#### DATASET EXTRACT
-- ===== src/Ctype/Tests.antt =====
-- Characters classified: 'Z' and the tab.
use eotan.Prelude.{◌+◌, ◌-◌, ◌≡◌, refl, arith, none, some, if◌then◌else◌}
use eotan.Ctype.{masked, or_zero, isspace, tolower, toupper, islower}
use eotan.Ctype.Laws.{Classified, within, byte_lem}

tab_is_space : isspace (some 9) ≡ 64
unfolding isspace masked or_zero
tab_is_space = refl

toupper_eof : toupper none ≡ none
unfolding toupper islower masked or_zero
toupper_eof = refl

byte_lem_example :
    Classified 90
    × (tolower (some 90) ≡ some (if within 65 90 90 then 90 + 32 else 90))
    × (toupper (some 90) ≡ some (if within 97 122 90 then 90 - 32 else 90))
    × (toupper (tolower (some 90)) ≡ toupper (some 90))
byte_lem_example = byte_lem 90 (omega arith)
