-- ===== src/Fs.antt =====
-- The file systems' library (lib/libvfs): the block cache.
pub mod Cache
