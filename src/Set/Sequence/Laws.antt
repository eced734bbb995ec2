-- ===== src/Set/Sequence/Laws.antt =====
-- What a user of the allocator of numbers may rely on.
use eotan.Prelude.{
  ℕ, zero, suc, ◌+◌, ◌-◌, ◌*◌, ◌/◌, ◌%◌, ◌^◌, ◌≤◌, ◌<◌, ◌≡◌, ◌≢◌, refl, sym, true, false, none,
  some, List, arith, ◌==◌, leb, ltb, length, set, length-set, if◌then◌else◌, Bool-cases, inl, inr,
  ◌∙◌, ap, ◌&&◌,
}
use eotan.Bits.{test_bit, count_bits}
use eotan.Bits.Count.{count_bits-ones, pow-lt, test_bit-ones}
use eotan.Bitmap.{
  AreWords, count, word, bit_at, length-set_at, length-clear_at, set_at-AreWords, clear_at-AreWords,
  count-set_at, count-clear_at, bit_at-clear_at, bit_at-set_at, bit_at_lem, bit_at_bound,
  count_none, AreWords-word, count_full, count-set, get_or-set,
}
use eotan.Set.Sequence.{Sequence, initialize, get, release, fill, all_ones, int_max, num_blocks}
use eotan.Set.Sequence.Find.{Outcome, found_in, missed, taken, get-Outcome}

-- `rest` counts the free numbers, and `clock_block` is a block of the map.
pub record IsValid (s : Sequence) : Type 0 where
  pub words : AreWords s.map
  pub size : length s.map ≡ s.num_of_blocks
  pub clock : s.clock_block < s.num_of_blocks
  pub counted : s.rest ≡ count s.map

module _ (s : Sequence) (v : IsValid s) (i k : ℕ) (h : i < s.num_of_blocks) (b : k < 32)
    (t : test_bit (word s.map i) k ≡ true) where
  taken-IsValid : IsValid (taken s i k)
  taken-IsValid = record {
    words = clear_at-AreWords s.map i k v.words;
    size = omega (arith, length-clear_at s.map i k, v.size);
    clock = h;
    counted =
        omega (arith, v.size, v.counted, count-clear_at s.map i k (omega (arith, v.size)) b t);
  }

-- Of a call that returned `n`: `n` was free, and it alone is taken.
pub record Granted (s : Sequence) (n : ℕ) (s' : Sequence) : Type 0 where
  pub free_before : bit_at s.map n ≡ true
  pub bits : (m : ℕ) → bit_at s'.map m ≡ (if n == m then false else bit_at s.map m)
  pub rest : suc s'.rest ≡ s.rest
  pub blocks : s'.num_of_blocks ≡ s.num_of_blocks
  pub valid : IsValid s'

-- On a valid sequence with a free number, wherever the clock and the mask stand, `sequence_get`
-- returns a free number, takes it and no other, counts one free number less, and leaves the
-- sequence valid.
pub get-Granted :
    (s : Sequence) → IsValid s → 0 < s.rest → (n : ℕ) × ((get s).0 ≡ some n) × Granted s n (get s).1
get-Granted s v r = go (get-Outcome s (v.words, v.size, v.clock) r)
  where
    go :
        Outcome s 0 s.num_of_blocks (get s) → (n : ℕ) × ((get s).0 ≡ some n) × Granted s n (get s).1
    go (found_in i k h b t e) = (
      i * 32 + k,
      ap (λ p. p.0) e,
      rw e (record {
        free_before = bit_at_lem s.map i k b ∙ t;
        bits = λ m. bit_at-clear_at s.map i k m (omega (arith, v.size)) b;
        rest =
            omega (arith, v.size, v.counted, count-clear_at s.map i k (omega (arith, v.size)) b t);
        blocks = refl;
        valid = taken-IsValid s v i k h b t;
      }),
    )
    go (missed z e) = absurd (
        omega
          (arith, v.counted, count_none s.map (λ j p. z j (omega arith) (omega (arith, v.size)))))

-- With no free number `sequence_get` returns -1 and changes nothing.
pub get_exhausted : (s : Sequence) → s.rest ≡ 0 → get s ≡ (none, s)
unfolding get
get_exhausted s h = ground arith

pub release-bits :
    (s : Sequence) (n m : ℕ)
    → IsValid s
    → bit_at (release s n).map m
      ≡ (if n == m && ltb m (s.num_of_blocks * 32) then true else bit_at s.map m)
unfolding release
release-bits s n m v =
    ground
      (arith, v.size, bit_at-set_at s.map (n / 32) (n % 32) m, bit_at_lem s.map (n / 32) (n % 32))

pub release-blocks : (s : Sequence) (n : ℕ) → (release s n).num_of_blocks ≡ s.num_of_blocks
unfolding release
release-blocks s n = ground arith

pub release-IsValid : (s : Sequence) (n : ℕ) → IsValid s → IsValid (release s n)
unfolding release
release-IsValid s n v = elim (Bool-cases (leb s.num_of_blocks (n / 32))) [
  | inl out ↦ rw out v
  | inr inside ↦ elim (Bool-cases (test_bit (word s.map (n / 32)) (n % 32))) [
    | inl free ↦ rw (inside, free) v
    | inr used ↦
        rw (inside, used)
          (record {
            words = set_at-AreWords s.map (n / 32) (n % 32) (omega arith) v.words;
            size = omega (arith, length-set_at s.map (n / 32) (n % 32), v.size);
            clock = ground (arith, v.clock);
            counted = ground (arith, v.counted, v.size, count-set_at s.map (n / 32) (n % 32));
          })
  ]
]

-- A number that is got and given back is free again.
release-get :
    (s : Sequence)
    → IsValid s
    → 0 < s.rest
    → (n : ℕ) × ((get s).0 ≡ some n)
      × ((m : ℕ) → bit_at (release (get s).1 n).map m ≡ bit_at s.map m)
release-get s v r =
    let (n, e, g) = get-Granted s v r in
    (
      n,
      e,
      λ m. ground (
        arith,
        release-bits (get s).1 n m g.valid,
        g.bits m,
        g.free_before,
        g.blocks,
        v.size,
        bit_at_bound s.map m,
      ),
    )

-- the blocks from `i` on that `fill` writes
fill_lem :
    (rounds i : ℕ) (map : List ℕ) (j : ℕ)
    → i + rounds ≤ length map
    → (length (fill rounds i map) ≡ length map)
      × (word (fill rounds i map) j
          ≡ (if leb i j && ltb j (i + rounds) then all_ones else word map j))
unfolding fill
fill_lem zero i map j h = ground arith
fill_lem (suc rounds) i map j h =
    let ih =
      fill_lem rounds (i + 1) (set map i all_ones) j (omega (arith, length-set map i all_ones)) in
    ground (arith, length-set map i all_ones, ih, get_or-set map i j all_ones)

-- What the map holds after `sequence_initialize`.
module _ (max : ℕ) (buf : List ℕ) (pos : max ≢ 0) (size : length buf ≡ num_blocks max) where
  filled : List ℕ
  filled = fill (num_blocks max) 0 buf

  trimmed : List ℕ
  unfolding filled
  trimmed = if max % 32 == 0 then filled else set filled (num_blocks max - 1) (2 ^ (max % 32) - 1)

  length-filled : length filled ≡ num_blocks max
  unfolding filled
  length-filled = omega (arith, (fill_lem (num_blocks max) 0 buf 0 (omega arith)).0)

  word-filled : (i : ℕ) → i < num_blocks max → word filled i ≡ all_ones
  unfolding filled
  word-filled i h = ground (arith, fill_lem (num_blocks max) 0 buf i)

  length-trimmed : length trimmed ≡ num_blocks max
  unfolding trimmed
  length-trimmed =
      ground (arith, length-filled, length-set filled (num_blocks max - 1) (2 ^ (max % 32) - 1))

  word-trimmed :
      (i : ℕ)
      → i < num_blocks max
      → word trimmed i ≡ 2 ^ (if leb (i * 32 + 32) max then 32 else max % 32) - 1
  unfolding trimmed
  word-trimmed i h = elim (Bool-cases (max % 32 == 0)) [
    | inl z ↦ rw z (ground (arith, word-filled i h))
    | inr nz ↦ rw nz (
        ground (
          arith,
          word-filled i h,
          length-filled,
          get_or-set filled (num_blocks max - 1) i (2 ^ (max % 32) - 1),
        ))
  ]

  trimmed-AreWords : AreWords trimmed
  trimmed-AreWords =
      AreWords-word trimmed
        (λ i h. rw (word-trimmed i (omega (arith, length-trimmed))) (pow-lt 32 _ (ground arith)))

  count-trimmed : count trimmed ≡ max
  unfolding trimmed
  count-trimmed =
      let all = count_full filled (λ i h. word-filled i (omega (arith, length-filled))) in
      elim (Bool-cases (max % 32 == 0)) [
        | inl z ↦ rw z (ground (arith, all, length-filled))
        | inr nz ↦
            let last = num_blocks max - 1 in
            rw nz (
              ground (
                arith,
                all,
                length-filled,
                count-set filled last (2 ^ (max % 32) - 1),
                ap (count_bits 32) (word-filled last (ground arith)),
                count_bits-ones 32 32,
                count_bits-ones 32 (max % 32),
              ))
      ]

  bit_at-trimmed : (n : ℕ) → bit_at trimmed n ≡ ltb n max
  unfolding bit_at
  bit_at-trimmed n = elim (Bool-cases (ltb (n / 32) (num_blocks max))) [
    | inl p ↦ rw (word-trimmed (n / 32) (ground arith)) (
        ground
          (arith, test_bit-ones (if leb (n / 32 * 32 + 32) max then 32 else max % 32) (n % 32)))
    | inr p ↦ ground (arith, bit_at_bound trimmed n, length-trimmed)
  ]

-- `sequence_initialize` of a `max` from 1 to `INT_MAX` and a buffer of just the blocks it needs
-- makes a valid sequence with `max` free numbers, exactly those below `max`.
pub initialize_lem :
    (max : ℕ) (buf : List ℕ)
    → max ≢ 0
    → max ≤ int_max
    → length buf ≡ num_blocks max
    → (s : Sequence) × (initialize max (some buf) ≡ some s)
      × IsValid s
      × (s.rest ≡ max)
      × ((n : ℕ) → bit_at s.map n ≡ ltb n max)
unfolding initialize trimmed
initialize_lem max buf pos h size = (
  record {
    rest = max;
    clock_block = 0;
    num_of_blocks = num_blocks max;
    map = trimmed max buf pos size;
    mask = all_ones;
  },
  ground arith,
  record {
    words = trimmed-AreWords max buf pos size;
    size = length-trimmed max buf pos size;
    clock = omega arith;
    counted = sym (count-trimmed max buf pos size);
  },
  refl,
  bit_at-trimmed max buf pos size,
)

-- On a valid sequence, `sequence_release` of any number keeps the sequence valid and makes the
-- number free, and no other; a number beyond the map is ignored.
pub release_lem :
    (s : Sequence) (n : ℕ)
    → IsValid s
    → IsValid (release s n)
      × ((m : ℕ)
          → bit_at (release s n).map m
            ≡ (if n == m && ltb m (s.num_of_blocks * 32) then true else bit_at s.map m))
release_lem s n v = (release-IsValid s n v, λ m. release-bits s n m v)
########
• WHAT YOU SHOULD DO:
From the line that has "pub release-IsValid : (s" through the line that has "filled : List ℕ", copy every line exactly as it appears above, and leave out all others.

• SOLUTION FOR THIS PROBLEM:
pub release-IsValid : (s : Sequence) (n : ℕ) → IsValid s → IsValid (release s n)
unfolding release
release-IsValid s n v = elim (Bool-cases (leb s.num_of_blocks (n / 32))) [
  | inl out ↦ rw out v
  | inr inside ↦ elim (Bool-cases (test_bit (word s.map (n / 32)) (n % 32))) [
    | inl free ↦ rw (inside, free) v
    | inr used ↦
        rw (inside, used)
          (record {
            words = set_at-AreWords s.map (n / 32) (n % 32) (omega arith) v.words;
            size = omega (arith, length-set_at s.map (n / 32) (n % 32), v.size);
            clock = ground (arith, v.clock);
            counted = ground (arith, v.counted, v.size, count-set_at s.map (n / 32) (n % 32));
          })
  ]
]

-- A number that is got and given back is free again.
release-get :
    (s : Sequence)
    → IsValid s
    → 0 < s.rest
    → (n : ℕ) × ((get s).0 ≡ some n)
      × ((m : ℕ) → bit_at (release (get s).1 n).map m ≡ bit_at s.map m)
release-get s v r =
    let (n, e, g) = get-Granted s v r in
    (
      n,
      e,
      λ m. ground (
        arith,
        release-bits (get s).1 n m g.valid,
        g.bits m,
        g.free_before,
        g.blocks,
        v.size,
        bit_at_bound s.map m,
      ),
    )

-- the blocks from `i` on that `fill` writes
fill_lem :
    (rounds i : ℕ) (map : List ℕ) (j : ℕ)
    → i + rounds ≤ length map
    → (length (fill rounds i map) ≡ length map)
      × (word (fill rounds i map) j
          ≡ (if leb i j && ltb j (i + rounds) then all_ones else word map j))
unfolding fill
fill_lem zero i map j h = ground arith
fill_lem (suc rounds) i map j h =
    let ih =
      fill_lem rounds (i + 1) (set map i all_ones) j (omega (arith, length-set map i all_ones)) in
    ground (arith, length-set map i all_ones, ih, get_or-set map i j all_ones)

-- What the map holds after `sequence_initialize`.
module _ (max : ℕ) (buf : List ℕ) (pos : max ≢ 0) (size : length buf ≡ num_blocks max) where
  filled : List ℕ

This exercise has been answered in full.